The effect of subsurface temperature variability on the predictability of SST in the tropical Atlantic Ocean

Abstract

The role of thermocouple variability and its effects on tropical Atlantic SST is investigated through the generation of SST predictions using a linear inverse modeling technique developed by Penland (1989). In order to reflect the areas in which this dynamical process is active, the tropical Atlantic is divided into three regions. One is located along the equator in the central to eastern basin, one in the northern tropics along the coast of North Africa, and one in the western basin including both the western equatorial region and Caribbean. The equatorial region was chosen in order to capture the effects of thermocline variability along the equatorial wave guide. SSTs in the western and northern regions are not expected to be influenced by thermocouple variability. Previous and current studies have shown SST in these regions to be influenced by the Pacific ENSO and other atmospheric forcings. Three sets of experiments were conducted. In the first, predictions were generated using only SST as the predictor set, while the second used only heat content (as a measure of thermocline variability) as the predictor set.

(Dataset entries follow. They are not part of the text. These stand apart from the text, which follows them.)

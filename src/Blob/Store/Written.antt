-- ===== src/Blob/Store/Written.antt =====
-- The result of PrepareWriteRequests as a whole.
use gemma_cpp.Base.{
  ℕ, ◌+◌, ◌-◌, ◌*◌, ◌%◌, ◌^◌, ◌≤◌, ◌<◌, ◌≡◌, refl, arith, ok, List, [], ◌∷◌, some, length,
  replicate, length-replicate, ◌∙◌, ℕ_discrete, ne→==, lt→ltb, ==_self,
}
use gemma_cpp.Base.Block.{Block, le_bytes, length-le_bytes}
use gemma_cpp.Blob.{U128, Buffer, BlobIo, Span, add64}
use gemma_cpp.Blob.Store.{
  RoundsUp, Allocator, align, magic, store_size, header_size, load, poke, copy_keys, fill_loop,
  allocate, zero_fill_padding, payload_loop, prepare_write_requests,
}
use gemma_cpp.Blob.Store.Layout.{KeysFit, SizesFit, padded_total, Plan, IsHeader, HasKeys-SameBelow}
use gemma_cpp.Blob.Store.Memory.{
  SameBelow, SameBelow-refl, stored, poke_inside, stored-SameBelow, load-stored, load-SameBelow,
}
use gemma_cpp.Blob.Store.Prepare.{copy_keys-HasKeys, fill_loop-HasBlobs, payload_loop-eq}

-- The request for the header.
abbrev pub header_request : ℕ → BlobIo
header_request size = record {
  offset = 0;
  size = size;
  ptr = record { buffer = Buffer.header; at = 0 };
  padding = 0;
}

module _ (round_up_to : ℕ → ℕ → ℕ) (rounds : RoundsUp round_up_to) where
  -- Zeros up to the aligned offset, inside the block.
  pub zero_fill_padding_inside :
      (m : Block) (offset : ℕ)
      → offset + align ≤ 2 ^ 64
      → round_up_to offset align ≤ m.size
      → (m' : Block) × (zero_fill_padding round_up_to m offset ≡ ok (round_up_to offset align, m'))
        × SameBelow offset m m'
  unfolding zero_fill_padding
  zero_fill_padding_inside m offset h room =
      let r = rounds offset align (omega arith) h in
      let padded = round_up_to offset align in
      let n = (padded + 2 ^ 64 - offset) % 2 ^ 64 in
      let zeros : List ℕ = replicate n 0 in
      elim (ℕ_discrete n 0) [
        | yes none_needed ↦ (m, rw (none_needed, zero_fill_padding), SameBelow-refl offset m)
        | no needed ↦ (
          stored m offset zeros,
          rw (
            ne→== n 0 needed,
            zero_fill_padding,
            poke_inside m offset zeros (rw length-replicate (omega arith)),
          ),
          stored-SameBelow m offset zeros,
        )
      ]

  pub padded_lower : (n : ℕ) → n + align ≤ 2 ^ 64 → 0 < n → align ≤ round_up_to n align
  padded_lower n h pos = omega (arith, rounds n align (omega arith) h)

  -- The fixed fields, with the memory that has them.
  module _ (m : Block) (num total : ℕ) (room : 16 ≤ m.size) (num_fits : num < 2 ^ 32)
      (total_fits : total < 2 ^ 64) where
    with_magic : Block
    with_magic = stored m 0 (le_bytes 4 magic)

    with_num : Block
    with_num = stored with_magic 4 (le_bytes 4 num)

    with_fields : Block
    with_fields = stored with_num 8 (le_bytes 8 total)

    fields_size : with_fields.size ≡ m.size
    unfolding with_magic with_num with_fields
    fields_size = refl

    fields_magic : load with_fields 0 4 ≡ ok magic
    unfolding with_magic with_num with_fields
    fields_magic =
        load-SameBelow 8 with_num with_fields 0 4 (stored-SameBelow with_num 8 _) (omega arith)
        ∙ load-SameBelow 4 with_magic with_num 0 4 (stored-SameBelow with_magic 4 _) (omega arith)
        ∙ load-stored m 0 4 magic (omega arith) (omega arith)

    fields_num : load with_fields 4 4 ≡ ok num
    unfolding with_magic with_num with_fields
    fields_num =
        load-SameBelow 8 with_num with_fields 4 4 (stored-SameBelow with_num 8 _) (omega arith)
        ∙ load-stored with_magic 4 4 num (omega arith) (omega arith)

    fields_total : load with_fields 8 8 ≡ ok total
    unfolding with_magic with_num with_fields
    fields_total = load-stored with_num 8 8 total (omega arith) (omega arith)

    fields_run :
        (poke m 0 (le_bytes 4 magic) ≡ ok with_magic)
        × (poke with_magic 4 (le_bytes 4 num) ≡ ok with_num)
        × (poke with_num 8 (le_bytes 8 total) ≡ ok with_fields)
    unfolding with_magic with_num with_fields
    fields_run = (
      poke_inside m 0 (le_bytes 4 magic) (rw length-le_bytes (omega arith)),
      poke_inside with_magic 4 (le_bytes 4 num) (rw length-le_bytes (omega arith)),
      poke_inside with_num 8 (le_bytes 8 total) (rw length-le_bytes (omega arith)),
    )

  total_eq :
      (padded : ℕ) (blobs : List Span)
      → padded + padded_total round_up_to blobs < 2 ^ 64
      → add64 padded (payload_loop round_up_to 0 blobs) ≡ padded + padded_total round_up_to blobs
  total_eq padded blobs h =
      let e = payload_loop-eq round_up_to rounds 0 blobs (omega arith) in rw e (omega arith)

  below : (a : ℕ) {b : ℕ} (m m' : Block) → a ≤ b → SameBelow b m m' → SameBelow a m m'
  below a m m' h s = record { size = s.size; byte = λ q lt. s.byte q (omega arith) }

  abbrev padded_size : List U128 → ℕ
  padded_size keys = round_up_to (header_size (length keys)) align

  prepare_run :
      (allocator : Allocator) (keys : List U128) (blobs : List Span) (m₀ m₁ m₂ m₃ m₄ m₅ m₆ : Block)
      (total : ℕ) (rs : List BlobIo)
      → length keys < 2 ^ 20
      → add64 (padded_size keys) (payload_loop round_up_to 0 blobs) ≡ total
      → allocate round_up_to allocator (padded_size keys) ≡ ok (some m₀)
      → zero_fill_padding round_up_to m₀ (header_size (length keys)) ≡ ok (padded_size keys, m₁)
      → poke m₁ 0 (le_bytes 4 magic) ≡ ok m₂
      → poke m₂ 4 (le_bytes 4 (length keys)) ≡ ok m₃
      → poke m₃ 8 (le_bytes 8 total) ≡ ok m₄
      → copy_keys 0 keys m₄ ≡ ok m₅
      → fill_loop round_up_to
          (length keys)
          0
          blobs
          m₅
          (padded_size keys)
          (header_request (padded_size keys) ∷ [])
        ≡ ok (total, rs, m₆)
      → prepare_write_requests round_up_to allocator keys blobs ≡ ok (rs, m₆)
  unfolding prepare_write_requests
  prepare_run allocator keys blobs m₀ m₁ m₂ m₃ m₄ m₅ m₆ total rs few et ea ez e₂ e₃ e₄ e₅ e₆ =
      rw (lt→ltb _ _ few, ea, ez, ==_self (padded_size keys), et, e₂, e₃, e₄, e₅, e₆, ==_self total)

  pub allocate_run :
      (allocator : Allocator) (bytes : ℕ → ℕ) (size : ℕ)
      → allocator size ≡ some bytes
      → store_size ≤ size
      → allocate round_up_to allocator size
        ≡ ok (some (stored (record { size = size; byte = bytes }) 0 (replicate store_size 0)))
  unfolding allocate
  allocate_run allocator bytes size a h =
      rw (
        a,
        allocate,
        poke_inside (record { size = size; byte = bytes }) 0 (replicate store_size 0) h,
      )

  -- With as many keys as blobs, fewer than 2 ^ 20 of them, all of them and the whole file within 64
  -- bits, and memory for the header, the function returns: the assertions behind the one on the number
  -- of blobs hold. What it returns is a filled header, and a request for that header followed by those
  -- for the blobs and their padding.
  pub prepare_write_requests-IsHeader :
      (allocator : Allocator) (bytes : ℕ → ℕ) (keys : List U128) (blobs : List Span)
      → allocator (round_up_to (header_size (length keys)) align) ≡ some bytes
      → length keys ≡ length blobs
      → length keys < 2 ^ 20
      → KeysFit keys
      → SizesFit blobs
      → round_up_to (header_size (length keys)) align + padded_total round_up_to blobs < 2 ^ 64
      → (m : Block) × (rs : List BlobIo) × (prepare_write_requests round_up_to allocator keys blobs
          ≡ ok (header_request (round_up_to (header_size (length keys)) align) ∷ rs, m))
        × IsHeader round_up_to m keys blobs
        × Plan round_up_to (round_up_to (header_size (length keys)) align) blobs rs
  prepare_write_requests-IsHeader allocator bytes keys blobs a same few kf sf total_fits =
      let num = length keys in
      let padded = round_up_to (header_size num) align in
      let r = rounds (header_size num) align (omega arith) (omega arith) in
      let lower = padded_lower (header_size num) (omega arith) (omega arith) in
      let fresh : Block = record { size = padded; byte = bytes } in
      let m₀ = stored fresh 0 (replicate store_size 0) in
      let (m₁, zeroed, near₁) =
        zero_fill_padding_inside m₀ (header_size num) (omega arith) (omega arith) in
      let total = padded + padded_total round_up_to blobs in
      let size₁ : m₁.size ≡ padded = near₁.size in
      let room : 16 ≤ m₁.size = omega arith in
      let m₄ = with_fields m₁ num total room (omega arith) total_fits in
      let size₄ : m₄.size ≡ padded =
        fields_size m₁ num total room (omega arith) total_fits ∙ size₁ in
      let fields = fields_run m₁ num total room (omega arith) total_fits in
      let (m₅, copied, near₅, has_keys) = copy_keys-HasKeys 0 keys m₄ (omega arith) kf in
      let size₅ : m₅.size ≡ padded = near₅.size ∙ size₄ in
      let (m₆, rs, run, near₆, has_blobs, plan) =
        fill_loop-HasBlobs round_up_to rounds num 0 blobs m₅ padded (header_request padded ∷ [])
          (omega arith) sf total_fits in
      (
        m₆,
        rs,
        prepare_run allocator keys blobs m₀ m₁ _ _ m₄ m₅ m₆ total _ few
            (total_eq padded blobs total_fits) (allocate_run allocator bytes padded a (omega arith))
            zeroed fields.0 fields.1 fields.2 copied run,
        record {
          size = near₆.size ∙ size₅;
          magic_field =
              load-SameBelow 16 m₅ m₆ 0 4 (below 16 m₅ m₆ (omega arith) near₆) (omega arith)
              ∙ load-SameBelow 16 m₄ m₅ 0 4 near₅ (omega arith)
              ∙ fields_magic m₁ num total room (omega arith) total_fits;
          num_blobs_field =
              load-SameBelow 16 m₅ m₆ 4 4 (below 16 m₅ m₆ (omega arith) near₆) (omega arith)
              ∙ load-SameBelow 16 m₄ m₅ 4 4 near₅ (omega arith)
              ∙ fields_num m₁ num total room (omega arith) total_fits;
          file_size_field =
              load-SameBelow 16 m₅ m₆ 8 8 (below 16 m₅ m₆ (omega arith) near₆) (omega arith)
              ∙ load-SameBelow 16 m₄ m₅ 8 8 near₅ (omega arith)
              ∙ fields_total m₁ num total room (omega arith) total_fits;
          keys_field =
              HasKeys-SameBelow (16 + 16 * (num + 0)) m₅ m₆ 0 keys near₆ (omega arith) has_keys;
          blobs_field = has_blobs;
        },
        plan,
      )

The third experiment combined both SST and heat content in hopes that adding subsurface information would improve SST predictions in the regions in which dynamical processes are active. Three different data sets were used: COADS observed SST, assimilated heat content and SST generated by Carton et al. (1999), and observed XBT data compiled by White (1995). Various combinations of these data were used in experiment 3. All variations reveal the same results; SST predictions are improved with the addition of subsurface variability in the equatorial region at longer lead times, while the north tropical and western regions show little to no improvement.